New idea in sci-fi shoots for the moon Jan. 25, 2010
By G. Michael Dobbs
An excellent science fiction film, a pretentious zombie movie and a guilty pleasure television treat are all in this week's DVD review column.
Many years ago, I had the opportunity of speaking with Ben Bova at a science fiction event presented by the Springfield Museum of Science. Bova is a highly acclaimed science fiction writer and when I asked him about the current status of science fiction movies, he replied, "Hollywood does to science fiction what Hitler did to Poland."
Bova is an advocate for "hard" science fiction, stories that have more to do with invention and theory than with ray guns, scantily glad heroines and bug-eyed monsters.
I wonder how he would view "Moon," the new science fiction film co-written and directed by Duncan Jones and starring Sam Rockwell.
"Moon" has no ray guns or monsters. It has instead something that science fiction fans usually like to embrace: ideas.
Set in the future, Rockwell plays Sam Bell, the lone employee at a station on the moon. Run by a corporation, Sam's assignment by the company is to send the canisters of hydrogen harvested by automated mining trucks to the earth -- the hydrogen is the planet's new clean fuel.
Sam has signed up for a three-year tour and his only companion is GERTY (voiced by Kevin Spacey), a robot designed to help him on his mission.
Sam is getting a little anxious as he has only two weeks left before returning to earth and to his wife and child, when he has an accident. As he recovers, he realizes there is someone else at the station -- someone who looks just like him.
Is Sam delusional or is something else happening? I don't want to spoil the surprise.
"Moon" is a superbly realized film with an Academy Award winning performance by Rockwell. Jones wanted to give his film a look reminiscent of the science fiction films of the 1980s before the advent of computer graphics. The use of models, rather than CGI, gives the film an impressive "real" look and texture that CGI is hard pressed to create.
I was very impressed with this movie and with Jones' vision. If you enjoy science fiction, you have to check out "Moon."
The zombie film is now a staple among the horror genre -- the results of George Romero's superb zombie films -- but it's clear writers and directors can do only so much with the standard formula of having innocent people turned into flesh-craving monsters by some virus or exposure to a potent chemical.
Instead, what if they are turned into zombies because of something they've heard? What if a word could turn you into a zombie?

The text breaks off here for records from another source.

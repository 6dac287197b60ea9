-- ===== src/Triage/Agents.antt =====
-- The agents that buildAgent makes: whatever the model's endpoint does, their decisions are valid
-- and keep to the retry budget, and with the policy as fallback there always is one.
use job_scheduler_tooling.Prelude.{
  ◌≡◌, refl, inl, inr, Bool, true, false, String, Option, none, some, Bool-cases, eq_iff,
  if◌then◌else◌, str_eq, ◌/◌, ◌==◌, ◌||◌,
}
use job_scheduler_tooling.Prelude.Int.{◌≤ℤ◌, leb_ℤ, leℤ→leb}
use job_scheduler_tooling.Triage.{
  Failure, Decision, Answer, Agent, Exchange, Chat, LlmAgent, escalate, validate, policy,
  policy_agent, llm_check, llm_accept, llm_read_chat, llm_read, llm_agent, fallback_agent,
  build_agent,
}
use job_scheduler_tooling.Triage.Policy.{policy-Triaged, validate-policy}

-- The decision passes Validate, and escalates once the attempts are used up.
pub record IsAdmissible (f : Failure) (d : Decision) : Type 0 where
  pub valid : validate d ≡ none
  pub budget : f.max_attempts ≤ℤ f.attempt → d.action ≡ escalate

-- The answer is an error, or an admissible decision.
abbrev pub Answers : Failure → Answer → Type 0
Answers f (Answer.ok d) = IsAdmissible f d
Answers f (Answer.err e) = Unit

policy-IsAdmissible : (f : Failure) → IsAdmissible f (policy f)
policy-IsAdmissible f = record { valid = validate-policy f; budget = (policy-Triaged f).exhausted }

llm_check-Answers :
    (f : Failure) (d : Decision) (v : Option String) → validate d ≡ v → Answers f (llm_check f d v)
unfolding llm_check
llm_check-Answers f d (some e) h = tt
llm_check-Answers f d none h = elim (Bool-cases (leb_ℤ f.max_attempts f.attempt)) [
  | inl over ↦ elim (Bool-cases (str_eq d.action escalate)) [
    | inl same ↦ rw (over, same) (record { valid = h; budget = λ _. (eq_iff _ _).0 same })
    | inr other ↦ rw (over, other) tt
  ]
  | inr within ↦
      rw within (record { valid = h; budget = λ k. cc (leℤ→leb f.max_attempts f.attempt k) })
]

llm_accept-Answers : (f : Failure) (d : Decision) → Answers f (llm_accept f d)
unfolding llm_accept
llm_accept-Answers f d = llm_check-Answers f _ _ refl

llm_read_chat-Answers : (f : Failure) (c : Chat) → Answers f (llm_read_chat f c)
unfolding llm_read_chat
llm_read_chat-Answers f (Chat.undecodable e) = tt
llm_read_chat-Answers f Chat.no_choices = tt
llm_read_chat-Answers f (Chat.bad_content e) = tt
llm_read_chat-Answers f (Chat.content d) = llm_accept-Answers f d

llm_read-Answers : (f : Failure) (x : Exchange) → Answers f (llm_read f x)
unfolding llm_read
llm_read-Answers f (Exchange.no_request e) = tt
llm_read-Answers f (Exchange.no_response e) = tt
llm_read-Answers f (Exchange.response code status body chat) = elim (Bool-cases (code / 100 == 2)) [
  | inl two ↦ rw two (llm_read_chat-Answers f chat)
  | inr other ↦ rw other tt
]

-- Whatever the endpoint sends back, the model-backed agent answers with an error or with a decision
-- that passes Validate and that escalates when the attempts are used up.
pub llm_agent-Answers : (a : LlmAgent) (f : Failure) → Answers f (llm_agent a f)
unfolding llm_agent
llm_agent-Answers a f = elim (Bool-cases (str_eq a.url "" || str_eq a.model "")) [
  | inl missing ↦ rw missing tt
  | inr given ↦ rw given (llm_read-Answers f (a.exchange f))
]

-- The answer is a decision, and it is admissible.
abbrev pub Decides : Failure → Answer → Type 0
Decides f r = (d : Decision) × (r ≡ Answer.ok d) × IsAdmissible f d

-- Validate reads neither the source nor the reason.
relabelled :
    (f : Failure) (d : Decision) (source reason : String)
    → IsAdmissible f d
    → IsAdmissible f (record d { source = source; reason = reason })
unfolding validate
relabelled f d source reason h = record { valid = h.valid; budget = h.budget }

fallback_agent-Decides :
    (primary : Agent) (f : Failure) (r : Answer)
    → primary f ≡ r
    → Answers f r
    → Decides f (fallback_agent primary policy_agent f)
unfolding fallback_agent policy_agent
fallback_agent-Decides primary f (Answer.ok d) e h = rw (e, fallback_agent) (d, refl, h)
fallback_agent-Decides primary f (Answer.err x) e h =
    rw (e, fallback_agent) (_, refl, relabelled f _ _ _ (policy-IsAdmissible f))

Decides-same : (f : Failure) (x a : Agent) → Decides f (x f) → some x ≡ some a → Decides f (a f)
Decides-same f x a d e = let same : x ≡ a = cc in rw (← same) d

-- What buildAgent returns, as a function of its three tests.
abbrev built : (policy_mode llm_mode missing : Bool) → Agent → Option Agent
built policy_mode llm_mode missing llm =
    if policy_mode
    then some policy_agent
    else if llm_mode
    then (if missing then none else some (fallback_agent llm policy_agent))
    else none

built-Decides :
    (p l m : Bool) (x : LlmAgent) (a : Agent)
    → built p l m (llm_agent x) ≡ some a
    → (f : Failure) → Decides f (a f)
built-Decides true l m x a h f =
    Decides-same f policy_agent a (unfold policy_agent in (_, refl, policy-IsAdmissible f)) h
built-Decides false true true x a h f = cc
built-Decides false true false x a h f =
    Decides-same f _ a
      (fallback_agent-Decides (llm_agent x) f (llm_agent x f) refl (llm_agent-Answers x f)) h
built-Decides false false m x a h f = cc

-- An agent that buildAgent makes always decides, in every mode and whatever the endpoint does: its
-- decision passes Validate, and escalates when the attempts are used up.
pub build_agent-Decides :
    (mode url model : String) (exchange : Failure → Exchange) (a : Agent)
    → build_agent mode url model exchange ≡ some a
    → (f : Failure) → Decides f (a f)
unfolding build_agent
build_agent-Decides mode url model exchange a h f =
    built-Decides (str_eq mode "policy") (str_eq mode "llm") (str_eq url "" || str_eq model "")
      (record { url = url; model = model; exchange = exchange }) a h f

That's the basis of "Pontypool," an ambitious but not successful re-thinking of the zombie genre. Set in a small town in Ontario, Stephen McHattie delivers a bravura performance as Grant Mazzy, a former big-time shock jock who is now working at a small station in the middle of nowhere. During a routine winter storm, the station receives reports on groups of people gathering at buildings in town and literally pressing against the walls in such numbers as to break through them.

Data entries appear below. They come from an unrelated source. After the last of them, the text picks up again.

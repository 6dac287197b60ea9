-- ===== src/Dispatch/Guard.antt =====
-- What Broker.Report and SQSCoordinator.Report do with an agent's answer before they act on it
-- (internal/dispatch/broker.go and sqs.go).
use job_scheduler_tooling.Prelude.{
  ◌≡◌, refl, String, ◌+++◌, not, ◌&&◌, Option, none, some, str_eq, eq_iff, if◌then◌else◌,
  Bool-cases, inl, inr,
}
use job_scheduler_tooling.Prelude.Int.{ℤ, leb_ℤ, leℤ→leb}
use job_scheduler_tooling.Triage.{Decision, Answer, Failure, decision, escalate, validate}
use job_scheduler_tooling.Triage.Agents.{IsAdmissible}

-- `if err != nil { decision = escalate }`
unfoldable pub on_error : Answer → Decision
on_error (Answer.ok d) = d
on_error (Answer.err e) = decision escalate ("triage agent failed: " +++ e) "safety_fallback"

-- `if err := decision.Validate(); err != nil { decision = escalate }`
unfoldable pub on_invalid : Decision → Option String → Decision
on_invalid d none = d
on_invalid d (some e) = decision escalate ("invalid triage decision: " +++ e) "safety_fallback"

-- The guardrail on the retry budget.
unfoldable pub on_exhausted : ℤ → ℤ → Decision → Decision
on_exhausted attempt max_attempts d =
    if leb_ℤ max_attempts attempt && not (str_eq d.action escalate)
    then decision escalate "retry budget exhausted" "coordinator_guardrail"
    else d

unfoldable pub guarded : ℤ → ℤ → Answer → Decision
unfolding on_error on_exhausted
guarded attempt max_attempts answer =
    let d = on_error answer in on_exhausted attempt max_attempts (on_invalid d (validate d))

on_invalid-valid :
    (d : Decision) (v : Option String) → validate d ≡ v → validate (on_invalid d v) ≡ none
unfolding on_invalid
on_invalid-valid d none h = h
on_invalid-valid d (some e) h = escalate_valid _ "safety_fallback"
  where
    escalate_valid : (r s : String) → validate (decision escalate r s) ≡ none
    escalate_valid r s = unfold validate in refl

on_exhausted-IsAdmissible :
    (f : Failure) (d : Decision)
    → validate d ≡ none
    → IsAdmissible f (on_exhausted f.attempt f.max_attempts d)
unfolding on_exhausted validate
on_exhausted-IsAdmissible f d h = elim (Bool-cases (leb_ℤ f.max_attempts f.attempt)) [
  | inl over ↦ elim (Bool-cases (str_eq d.action escalate)) [
    | inl same ↦ rw (over, same) (record { valid = h; budget = λ _. (eq_iff _ _).0 same })
    | inr other ↦ rw (over, other) (record { valid = refl; budget = λ _. refl })
  ]
  | inr within ↦
      rw within (record { valid = h; budget = λ k. cc (leℤ→leb f.max_attempts f.attempt k) })
]

-- Whatever the agent answers, the coordinators act on a decision that passes Validate and that
-- escalates when the attempts are used up.
pub guarded-IsAdmissible :
    (f : Failure) (answer : Answer) → IsAdmissible f (guarded f.attempt f.max_attempts answer)
unfolding guarded
guarded-IsAdmissible f answer =
    on_exhausted-IsAdmissible f _ (on_invalid-valid (on_error answer) _ refl)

There are reports as well that these people are repeating words and phrases and, well, this is a zombie movie, eating people.

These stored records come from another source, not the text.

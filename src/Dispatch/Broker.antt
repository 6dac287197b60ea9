-- ===== src/Dispatch/Broker.antt =====
-- internal/dispatch/broker.go: the coordinator that owns the queue. Each method holds the lock
-- while it works on the state; Report gives it up while the agent decides, so it is two functions,
-- and the job is with the call in between. `none` is a run-time panic. Counters count events and
-- stay far below 2^63. The clock's readings are arguments.
pub mod Weight
pub mod Invariant
pub mod Submit
pub mod Claim
pub mod Report
pub mod Runs
pub mod Attempts
pub mod Budget
use job_scheduler_tooling.Prelude.{
  ℕ, ◌+◌, String, Bool, true, false, ◌&&◌, [], Option, none, some, ◌==◌, str_eq, if◌then◌else◌,
  length,
}
use job_scheduler_tooling.Prelude.Int.{pos, add64, ltb_ℤ}
use job_scheduler_tooling.Prelude.Dict.{Dict, lookup, insert, erase}
use job_scheduler_tooling.Prelude.Partial.{◌>>=◌}
use job_scheduler_tooling.Inference.{BatchError}
use job_scheduler_tooling.Inference
use job_scheduler_tooling.Queue.{Queue, Job, JobState, Time, is_zero, push, pop, len}
use job_scheduler_tooling.Queue
use job_scheduler_tooling.Telemetry.{Event, Recorder, record_event}
use job_scheduler_tooling.Triage.{Failure, Decision, Answer, retry, auto_adjust, escalate, adjust}
use job_scheduler_tooling.Dispatch.Guard.{guarded}

pub record Stats : Type 0 where
  pub submitted : ℕ
  pub succeeded : ℕ
  pub escalated : ℕ
  pub retried : ℕ
  pub adjusted : ℕ

-- `done` is whether the channel is closed. The agent is an argument of Report.
pub record Broker : Type 0 where
  pub queue : Queue
  pub running : Dict Job
  pub recorder : Recorder
  pub stats : Stats
  pub closed : Bool
  pub done : Bool

unfoldable pub new_broker : Recorder → Broker
new_broker recorder = record {
  queue = Queue.new;
  running = [];
  recorder = recorder;
  stats = record { submitted = 0; succeeded = 0; escalated = 0; retried = 0; adjusted = 0 };
  closed = false;
  done = false;
}

pub data SubmitError : Type 0 where
  invalid_batch : BatchError → SubmitError
  submissions_closed : SubmitError

abbrev pub job_event : Time → Job → String → String → String → Event
job_event now job event_type node_name triage_action = record {
  timestamp = now;
  job_id = job.id;
  event_type = event_type;
  node_name = node_name;
  priority = job.priority;
  model = job.inference.model;
  batch_size = job.inference.batch_size;
  attempt = job.attempt;
  triage_action = triage_action;
  version = pos 0;
}

-- `record`, and `recordLifecycle` for the events about a job on its node.
unfoldable pub log : Broker → Event → Broker
unfolding record_event
log b e = record b { recorder = record_event b.recorder e }

unfoldable pub maybe_done : Broker → Broker
maybe_done b =
    if b.closed
      && len b.queue == 0
      && length b.running == 0
      && b.stats.succeeded + b.stats.escalated == b.stats.submitted
    then record b { done = true }
    else b

-- What Submit makes of the job before it is queued.
unfoldable pub admitted : Time → Job → Job
admitted now job = record job {
  max_attempts = if ltb_ℤ job.max_attempts (pos 1) then pos 3 else job.max_attempts;
  state = JobState.pending;
  submit_time = if is_zero job.submit_time then now else job.submit_time;
}

abbrev pub count_submitted : Stats → Stats
count_submitted s = record s { submitted = s.submitted + 1 }

-- The part of Submit under the lock, submissions being open.
unfoldable pub enqueue : Time → Job → Broker → Option Broker
enqueue now job b = do
  let job' = admitted now job
  q ← push b.queue job'
  some (
      log (record b { queue = q; stats = count_submitted b.stats })
        (job_event job'.submit_time job' "submitted" "" ""))

-- Submit; the error is `none` for nil.
unfoldable pub submit : Time → Job → Broker → Option (Broker × Option SubmitError)
submit now job b = elim (Inference.validate job.inference) [
  | some e ↦ some (b, some (invalid_batch e))
  | none ↦
      if b.closed
      then some (b, some submissions_closed)
      else enqueue now job b >>= λ b'. some (b', none)
]

unfoldable pub close_submissions : Broker → Broker
close_submissions b = maybe_done (record b { closed = true })

pub record ClaimReply : Type 0 where
  pub job : Option Job
  pub wait : Bool
  pub shutdown : Bool

-- A job as Claim hands it to a worker.
unfoldable pub claimed : String → Time → Job → Job
claimed worker now job = record job {
  attempt = add64 job.attempt (pos 1);
  state = JobState.running;
  start_time = now;
  node = worker;
}

-- Claim with nothing in the queue.
unfoldable pub claim_empty : Broker → Broker × ClaimReply
claim_empty b =
    if b.closed && length b.running == 0
    then (maybe_done b, record { job = none; wait = false; shutdown = true })
    else (b, record { job = none; wait = true; shutdown = false })

-- A nil job from Pop is dereferenced.
unfoldable pub assign : String → Time → Broker → Option Job × Queue → Option (Broker × ClaimReply)
assign worker now b (none, q) = none
assign worker now b (some j, q) =
    let job = claimed worker now j in
    some (
      log (record b { queue = q; running = insert job.id job b.running })
          (job_event now job "started" worker ""),
      record { job = some job; wait = false; shutdown = false },
    )

unfoldable pub claim : String → Time → Broker → Option (Broker × ClaimReply)
claim worker now b =
    if len b.queue == 0 then some (claim_empty b) else pop b.queue >>= assign worker now b

pub record ReportArgs : Type 0 where
  pub worker_id : String
  pub job_id : String
  pub success : Bool
  pub error : String

-- Where the first part of Report ends: with an error, with a completed job, or with a failed job
-- for the agent.
pub data Reported : Type 0 where
  not_assigned : Reported
  finished : Reported
  failed : Job → Reported

abbrev pub count_succeeded : Stats → Stats
count_succeeded s = record s { succeeded = s.succeeded + 1 }

unfoldable pub report_found : ReportArgs → Time → Broker → Job → Broker × Reported
report_found args now b job =
    let b' = record b { running = erase args.job_id b.running } in
    if args.success
    then (
      maybe_done (
          log (record b' { stats = count_succeeded b'.stats })
            (job_event now job "completed" args.worker_id "")),
      finished,
    )
    else (log b' (job_event now job "failed" args.worker_id ""), failed job)

-- Report up to the first Unlock.
unfoldable pub report_begin : ReportArgs → Time → Broker → Broker × Reported
report_begin args now b = elim (lookup args.job_id b.running) [
  | none ↦ (b, not_assigned)
  | some job ↦ report_found args now b job
]

-- What the agent is asked about the job.
abbrev pub failure_of : Job → String → Failure
failure_of job error = record {
  job_id = job.id;
  attempt = job.attempt;
  max_attempts = job.max_attempts;
  error = error;
  batch = job.inference;
}

abbrev pub requeued : Job → Job
requeued job = record job { state = JobState.pending; inject_failure = "" }

abbrev pub count_retried : Stats → Stats
count_retried s = record s { retried = s.retried + 1 }

abbrev pub count_adjusted : Stats → Stats
count_adjusted s = record s { adjusted = s.adjusted + 1 }

abbrev pub count_escalated : Stats → Stats
count_escalated s = record s { escalated = s.escalated + 1 }

-- The `switch` of Report; an action of another name does nothing.
unfoldable pub apply_decision : Decision → Time → Job → Broker → Option Broker
apply_decision d now job b =
    if str_eq d.action retry
    then (let job' = requeued job in
        push b.queue job' >>= λ q. some (
          log (record b { queue = q; stats = count_retried b.stats })
            (job_event now job' "retried" job.node "")))
    else if str_eq d.action auto_adjust
    then (let job' = record (requeued job) { inference = adjust job.inference d } in
        push b.queue job' >>= λ q. some (
          log (record b { queue = q; stats = count_adjusted b.stats })
            (job_event now job' "adjusted" job.node "")))
    else if str_eq d.action escalate
    then some (
        log (record b { stats = count_escalated b.stats })
          (job_event now job "escalated" job.node ""))
    else some b

-- Report from the second Lock on, with the decision that it acts on.
unfoldable pub report_end : ReportArgs → Time → Job → Decision → Broker → Option Broker
report_end args now job d b =
    let b' = log b (job_event now job "triaged" args.worker_id d.action) in
    apply_decision d now job b' >>= λ b''. some (maybe_done b'')

unfoldable pub report_rest :
    (Failure → Answer)
    → ReportArgs
    → Time
    → Broker × Reported
    → Option (Broker × Reported × Option Decision)
report_rest agent args later (b, not_assigned) = some (b, not_assigned, none)
report_rest agent args later (b, finished) = some (b, finished, none)
report_rest agent args later (b, failed job) =
    let d = guarded job.attempt job.max_attempts (agent (failure_of job args.error)) in
    report_end args later job d b >>= λ b'. some (b', failed job, some d)

-- The whole of Report when no other call runs while the agent decides. The reply carries the
-- decision on a failed job.
unfoldable pub report :
    (Failure → Answer)
    → ReportArgs
    → Time
    → Time
    → Broker
    → Option (Broker × Reported × Option Decision)
unfolding report_rest
report agent args now later b = report_rest agent args later (report_begin args now b)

Mazzy has to try to hold the broadcast and his co-workers together while pondering if something he has said has triggered this phenomenon.
For die-hard horror fans who like their zombie movies "moist," this film will not be among their favorites. There is precious little zombie action, but there is a whole lot of talking about it.
The problem is the plot point about a word causing the zombie transformation is never adequately developed and seems awfully contrived. Despite the film's best intentions, the premise never gets off the ground.
Pawn Stars: Season One
I love the PBS show "Antiques Roadshow" because I learn a lot from it and because I am fascinated by the reactions of people learning that the old doorstop they brought is actually worth $10,000.
Well, "Pawn Stars" is a lot like the PBS show, but is covered in a reality show glaze. Set in a pawnshop in Las Vegas, the show features people who are bringing in a wide variety of items to pawn or sell. The action focuses on learning about the items in questions and then seeing the pawnshop guys coerce the lowest possible sales price from the owner.
There is additional reality show footage about the employees of the shop and their interactions, which I find pretty boring. What is much more of an interest are the items themselves and the work it take to determine if they are genuine and if they have value.
The History Channel show would probably be more appealing to me if there was more time spent on stuff being brought in and less time on staff arguing among themselves.